For me the most difficult argument against static types is that the sweet spot
remains elusive: some type systems are too simplistic (e.g. the difficulty of
writing generic print in OCaml) while some are too fancy and difficult (e.g.
how many people understand even most of GHC Haskell's type system?).

There's also some real problems with compiler error messages. A great type
checker needs to be able to explain problems understandably, or decoding the
type errors will be more difficult than tracking down a null pointer in an
interactive debugger.

I wonder about the possibility of making type checkers more interactive. It
can be hard to understand them because they build up lots of implicit
understanding that's not apparent.

------
kabdib
I once had

\- a super-fast assembler

\- a super-fast way to get the assembled code over to a target system

... and my turnaround time was on the order of five seconds: Edit, hit a
button making the target ready to receive the code, assemble: Running.
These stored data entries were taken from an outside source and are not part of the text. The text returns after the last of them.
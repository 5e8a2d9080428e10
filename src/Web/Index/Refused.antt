-- ===== src/Web/Index/Refused.antt =====
-- index.go: the link to a newer page where the module's versions could not be listed.
use gobuild.Common.{◌≡◌, ◌≢◌, refl, some, [], Bytes, eq_bytes, eq_bytes_ne, ok, err, Lacks, arith}
use gobuild.Spec.{BuildSpec, target_text}
use gobuild.Spec.Canonical.{IsCanonical, target_text-Lacks}
use gobuild.Request.{Request, parse_request}
use gobuild.Request.Versionless.{parse_request-versionless}
use gobuild.Tlog.{Store, HashTree}
use gobuild.Web.Index.{
  IndexFacts, ListError, newer_toolchain, newer_kind, newer_link, list_versions, versions_of,
  index_link,
}
use gobuild.Web.Index.Links.{IsPlain, with_goversion-IsCanonical}

module _ (h : HashTree) (s : Store) (bs : BuildSpec) (f : IndexFacts) where
  -- Where the module proxy does not list the versions and the newest toolchain is not that of the
  -- page, the page has a link to a newer one, and that link is refused by parseRequest.
  pub newer_link-refused :
      (e : ListError)
      → list_versions h s bs f ≡ err e
      → IsCanonical bs
      → IsPlain f.newest_allowed
      → f.newest_allowed ≢ []
      → bs.goversion ≢ f.newest_allowed
      → (url : Bytes) × (newer_link h s bs f
            (versions_of h s bs f (list_versions h s bs f)).latest_version
          ≡ some (newer_toolchain, url))
        × ((r : Request) → parse_request url ≢ ok r)
  newer_link-refused e q c p n d = (
    index_link bare,
    rw q (unfold newer_link in rw (kind, newer_link) refl),
    unfold index_link in parse_request-versionless bare refl c.mod_no_at slash c.target_available,
  )
    where
      bare : BuildSpec
      bare = record bs { version = []; goversion = f.newest_allowed }

      slash : Lacks b'/' (target_text bare)
      slash =
          unfold target_text in
          target_text-Lacks (record bs { goversion = f.newest_allowed })
            (with_goversion-IsCanonical bs f.newest_allowed bs.stripped c p)

      kind : newer_kind h s bs f [] ≡ some newer_toolchain
      kind =
          unfold newer_kind eq_bytes in
          rw (eq_bytes_ne bs.goversion f.newest_allowed d, eq_bytes_ne f.newest_allowed [] n)
            (ground arith)
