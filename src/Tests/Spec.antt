-- ===== src/Tests/Spec.antt =====
-- Runs of the parsers of build specifications, and instances of their theorems.
use gobuild.Common.{true, ◌≡◌, refl, Bytes, codes, eq_bytes, ok, err}
use gobuild.Sdk.Targets.{available}
use gobuild.Strings.{base}
use gobuild.Spec.{BuildSpec, to_text, output_path}
use gobuild.Spec.Canonical.{IsCanonical}
use gobuild.Spec.RoundTrip.{parse_build_spec-to_text}
use gobuild.Spec.Sound.{IsTextOf, parse_build_spec_sound}
use gobuild.Spec.Parse.{target_key, parse_build_spec, non_canonical_dir, unsupported_target}

abbrev pub sherpa : BuildSpec
sherpa = record {
  mod_path = codes "github.com/mjl-/sherpa";
  version = codes "v0.6.0";
  dir = codes "/cmd/sherpaclient";
  goos = codes "linux";
  goarch = codes "amd64";
  goversion = codes "go1.14.1";
  stripped = true;
}

abbrev sherpa_text : Bytes
sherpa_text = codes "github.com/mjl-/sherpa@v0.6.0/cmd/sherpaclient/linux-amd64-go1.14.1-stripped/"

to_text-sherpa : to_text sherpa ≡ sherpa_text
unfolding to_text
to_text-sherpa = refl

parse-sherpa : parse_build_spec sherpa_text ≡ ok sherpa
unfolding parse_build_spec target_key available eq_bytes
parse-sherpa = refl

parse_dotdot :
    parse_build_spec (codes "a.b@v1/x/../y/linux-amd64-go1.20/")
    ≡ err (non_canonical_dir (codes "/x/../y"))
unfolding parse_build_spec target_key available eq_bytes
parse_dotdot = refl

parse_windows :
    parse_build_spec (codes "a.b@v1/windows-s390x-go1.20/")
    ≡ err (unsupported_target (codes "windows") (codes "s390x"))
unfolding parse_build_spec target_key available eq_bytes
parse_windows = refl

output_path-sherpa : output_path sherpa ≡ codes "linux-amd64/sherpaclient"
unfolding output_path base
output_path-sherpa = refl

parse_build_spec_sound_example : IsCanonical sherpa × IsTextOf sherpa_text sherpa
parse_build_spec_sound_example = parse_build_spec_sound sherpa_text parse-sherpa

pub sherpa-IsCanonical : IsCanonical sherpa
sherpa-IsCanonical = (parse_build_spec_sound sherpa_text parse-sherpa).0

parse_build_spec-to_text_example : parse_build_spec (to_text sherpa) ≡ ok sherpa
parse_build_spec-to_text_example = parse_build_spec-to_text sherpa sherpa-IsCanonical

abbrev root_spec : BuildSpec
root_spec = record sherpa { dir = codes "/" }

parse-root : parse_build_spec (to_text root_spec) ≡ ok root_spec
unfolding to_text parse_build_spec target_key available eq_bytes
parse-root = refl
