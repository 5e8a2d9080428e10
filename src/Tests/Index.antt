-- ===== src/Tests/Index.antt =====
-- Instances of the theorems about the index page.
use gobuild.Common.{◌≡◌, ◌≢◌, refl, arith, true, false, none, some, [], ◌∷◌, codes, Bytes, err, ok}
use gobuild.Strings.{join}
use gobuild.Request.{Request, parse_request}
use gobuild.Sdk.Targets.{available}
use gobuild.Spec.Parse.{target_key}
use gobuild.Web.Index.{
  IndexFacts, no_log, no_response, newer_toolchain, newer_link, list_versions, versions_of,
}
use gobuild.Web.Index.Page.{IndexPage, page_of_output, serve_index}
use gobuild.Web.Index.Links.{HasRows}
use gobuild.Web.Index.Shown.{Shows, serve_index-Shows, serve_index-HasRows_after}
use gobuild.Web.Index.Refused.{newer_link-refused}
use gobuild.Tests.Record.{sherpa_result}
use gobuild.Tests.Tlog.{leaves, leaves-IsHashTree}
use gobuild.Tests.Spec.{sherpa-IsCanonical}
use gobuild.Tests.Build.{small_result}
use gobuild.Tests.History.{emptied, emptied-History}

abbrev offline : IndexFacts
offline = record {
  escape_path = λ p. some p;
  go_proxy = codes "https://proxy.golang.org/";
  request_fails = false;
  http_get = λ url. none;
  sort_versions = λ ls. ls;
  newest_allowed = codes "go1.21.0";
  supported_list = codes "go1.21.0" ∷ [];
  remaining_list = codes "go1.14.1" ∷ [];
  target_list = record { goos = codes "linux"; goarch = codes "amd64" } ∷ [];
  log_file = no_log;
  join_path = join b'/';
  binary_gz_size = some 6;
}

abbrev sherpa_page : IndexPage
sherpa_page = page_of_output leaves emptied.store sherpa_result.spec offline (some small_result) []

sherpa_page_served :
    serve_index leaves emptied.store sherpa_result.spec offline (some small_result)
    ≡ some sherpa_page
unfolding serve_index
sherpa_page_served = refl

serve_index-Shows_example : Shows no_log sherpa_page (some small_result)
serve_index-Shows_example =
    serve_index-Shows leaves emptied.store sherpa_result.spec offline (some small_result)
      sherpa_page sherpa_page_served

linux_amd64 : available (target_key (codes "linux") (codes "amd64")) ≡ true
unfolding available target_key
linux_amd64 = refl

serve_index-HasRows_after_example :
    HasRows leaves (small_result ∷ []) sherpa_result.spec sherpa_page
serve_index-HasRows_after_example =
    serve_index-HasRows_after leaves (small_result ∷ []) emptied sherpa_result.spec offline
      (some small_result) sherpa_page leaves-IsHashTree emptied-History sherpa-IsCanonical
      (
        record {
          is_available = linux_amd64;
          no_dash = (omega arith, omega arith);
          no_slash = (omega arith, omega arith);
        },
        tt,
      )
      ((omega arith, omega arith), tt) ((omega arith, omega arith), tt) sherpa_page_served

unlisted : list_versions leaves emptied.store sherpa_result.spec offline ≡ err no_response
unfolding list_versions
unlisted = refl

newer_link-refused_example :
    (url : Bytes) × (newer_link leaves emptied.store sherpa_result.spec offline
        (versions_of leaves emptied.store sherpa_result.spec offline
          (list_versions leaves emptied.store sherpa_result.spec offline)).latest_version
      ≡ some (newer_toolchain, url))
    × ((r : Request) → parse_request url ≢ ok r)
newer_link-refused_example =
    newer_link-refused leaves emptied.store sherpa_result.spec offline no_response unlisted
      sherpa-IsCanonical (omega arith, omega arith) (λ e. ground (arith, e))
      (λ e. ground (arith, e))
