-- ===== src/Tests/Capacity.antt =====
-- The capacity check and the weight profiles at concrete inputs.
use dm_simulator.Base.{ℕ, ◌+◌, ◌*◌, ◌≤◌, ◌<◌, ◌≡◌, ◌↔◌, refl, ok, err, system_exit, arith}
use dm_simulator.Base.Dict.{get}
use dm_simulator.Base.Int.{show_ℕ}
use dm_simulator.Matrix.Capacity.{
  channel_limit, eligible_count, churn_count, effective_churn, required_count,
  validate_hot_object_capacity,
}
use dm_simulator.Matrix.Capacity.Channels.{objects_below, eligible_count-eq-objects_below}
use dm_simulator.Matrix.Capacity.Laws.{NeedsAtMost, validate_hot_object_capacity_iff}
use dm_simulator.Matrix.Capacity.Churn.{required_count_bounds}
use dm_simulator.Tests.Decimal.{Decimal, decimal_floats, decimal-CeilWithin}

abbrev third : Decimal
third = record { millionths = 300000 }

-- 16 nodes with private hot sets of 16 objects, 5 of them replaced at a boundary: 16 * 21.
private_hot_sets : required_count 16 16 "low" "epoch_shift" third ≡ ok 336
unfolding required_count churn_count effective_churn
private_hot_sets = refl

-- Two of four channels hold half of the objects.
enough_objects : validate_hot_object_capacity 1024 16 16 "low" "epoch_shift" third 4 2 ≡ ok tt
unfolding validate_hot_object_capacity required_count channel_limit eligible_count churn_count
    effective_churn
enough_objects = refl

too_few_objects :
    validate_hot_object_capacity 256 16 16 "low" "static" third 4 2
    ≡ err (
        system_exit
          "Invalid matrix workload: requested hot-set overlap and churn need 256 hot-object candidates, but object_count=256, memory_channel_count=4, and hot_object_channel_count=2 provide only 128")
unfolding validate_hot_object_capacity required_count channel_limit eligible_count churn_count
    effective_churn show_ℕ
too_few_objects = refl

eligible_count-eq-objects_below_example : eligible_count 11 4 2 ≡ objects_below 11 4 2
eligible_count-eq-objects_below_example =
    eligible_count-eq-objects_below 11 4 2 (omega arith) (omega arith)

validate_hot_object_capacity_iff_example :
    (validate_hot_object_capacity 11 2 2 "low" "epoch_shift" third 4 2 ≡ ok tt)
    ↔ ((0 < 4) × NeedsAtMost 2 2 "low" "epoch_shift" third (objects_below 11 4 (channel_limit 4 2)))
unfolding channel_limit
validate_hot_object_capacity_iff_example =
    validate_hot_object_capacity_iff 2 2 "low" "epoch_shift" third 11 4 2 (omega arith)

required_count_bounds_example :
    (r : ℕ) × (required_count 16 16 "medium" "epoch_shift" third ≡ ok r)
    × (8 + 8 * 16 ≤ r)
    × (r ≤ 2 * (8 + 8 * 16))
unfolding get
required_count_bounds_example =
    required_count_bounds decimal-CeilWithin 16 16 8 "medium" "epoch_shift" third refl (omega arith)
      (omega arith)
It almost didn't matter that I was writing 6502 assembly; things just fell
together and it was _magic_.

Years later I was in a place where it was common to have half-day builds (30
minutes if you arranged things well). In fact, my last three weeks on that job
I never got a working build at all, despite our group having an entire source
control team whose job it was to make builds work.

Current big project, it's about 30 seconds of tool churning, then another 30
of startup time. Could be better.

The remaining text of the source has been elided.